Across the records below, how many lines contain the string "ChainStatus"? Give the number by itself.

++++++++++

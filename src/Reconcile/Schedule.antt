-- ===== src/Reconcile/Schedule.antt =====
-- workflows/reconcile/src/reconcile.ts: `nextReconcileDelayMs` and `isTerminal`, and monitoring.ts.
-- A time text and its milliseconds, as `Date.parse` reads it, are the argument `parse`.
pub mod Bounds
use cell_flow.Prelude.{
  ℕ, ◌+◌, ◌*◌, ◌^◌, min, Bool, true, false, not, ◌&&◌, ◌||◌, Option, none, some, String,
  if◌then◌else◌, ◌==◌, string_eq, ltb, leb, nat_beq,
}
use cell_flow.Core.Status.{ChainStatus, WorkflowStatus, workflow_eq, chain_eq}
use cell_flow.Core.Types.{ExecutionSnapshot}
use cell_flow.Core.Settlement.{truthy, status_is}
use cell_flow.Core.Observation.{differs}

unfoldable pub next_reconcile_delay_ms : ℕ → ChainStatus → ℕ
next_reconcile_delay_ms attempt ChainStatus.pending = 12000
next_reconcile_delay_ms attempt ChainStatus.proposed = 12000
next_reconcile_delay_ms attempt ChainStatus.committed = 12000
next_reconcile_delay_ms attempt ChainStatus.unknown = min 300000 (10000 * 2 ^ min attempt 5)
next_reconcile_delay_ms attempt ChainStatus.unobserved = min 300000 (10000 * 2 ^ min attempt 5)
next_reconcile_delay_ms attempt ChainStatus.rejected = 20000

unfoldable pub is_terminal : ExecutionSnapshot → Option String → ℕ → Bool
is_terminal s assertion_status expected_count =
    if s.workflow_status == WorkflowStatus.conflicted
      || s.workflow_status == WorkflowStatus.expired
      || s.chain_status == ChainStatus.rejected
    then true
    else if not (s.workflow_status == WorkflowStatus.confirmed)
    then false
    else nat_beq expected_count 0 || status_is assertion_status "VERIFIED"

before_horizon : Option ℕ → ℕ → ℕ → Bool
before_horizon none now horizon = false
before_horizon (some started) now horizon = ltb now (started + horizon)

monitors : (String → Option ℕ) → Option String → ℕ → ℕ → Bool
unfolding before_horizon
monitors parse none now horizon = false
monitors parse (some first) now horizon =
    if first == "" then false else before_horizon (parse first) now horizon

unfoldable pub should_continue_settlement_monitoring :
    (String → Option ℕ) → Bool → Option String → ℕ → ℕ → Bool
unfolding monitors
should_continue_settlement_monitoring parse ready first_ready_at now horizon =
    if not ready || leb horizon 0 then false else monitors parse first_ready_at now horizon

pub record ReverifyInput : Type 0 where
  pub previously_settled : Bool
  pub previously_verified : Bool
  pub prior_committed_block_hash : Option String
  pub current_committed_block_hash : Option String
  pub reorg_detected : Bool

unfoldable pub should_reverify_expected_cells : ReverifyInput → Bool
should_reverify_expected_cells i =
    not i.previously_settled
    || not i.previously_verified
    || i.reorg_detected
    || not (truthy i.prior_committed_block_hash)
    || not (truthy i.current_committed_block_hash)
    || differs i.prior_committed_block_hash i.current_committed_block_hash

++++++++++

=== Finished exercise ===
9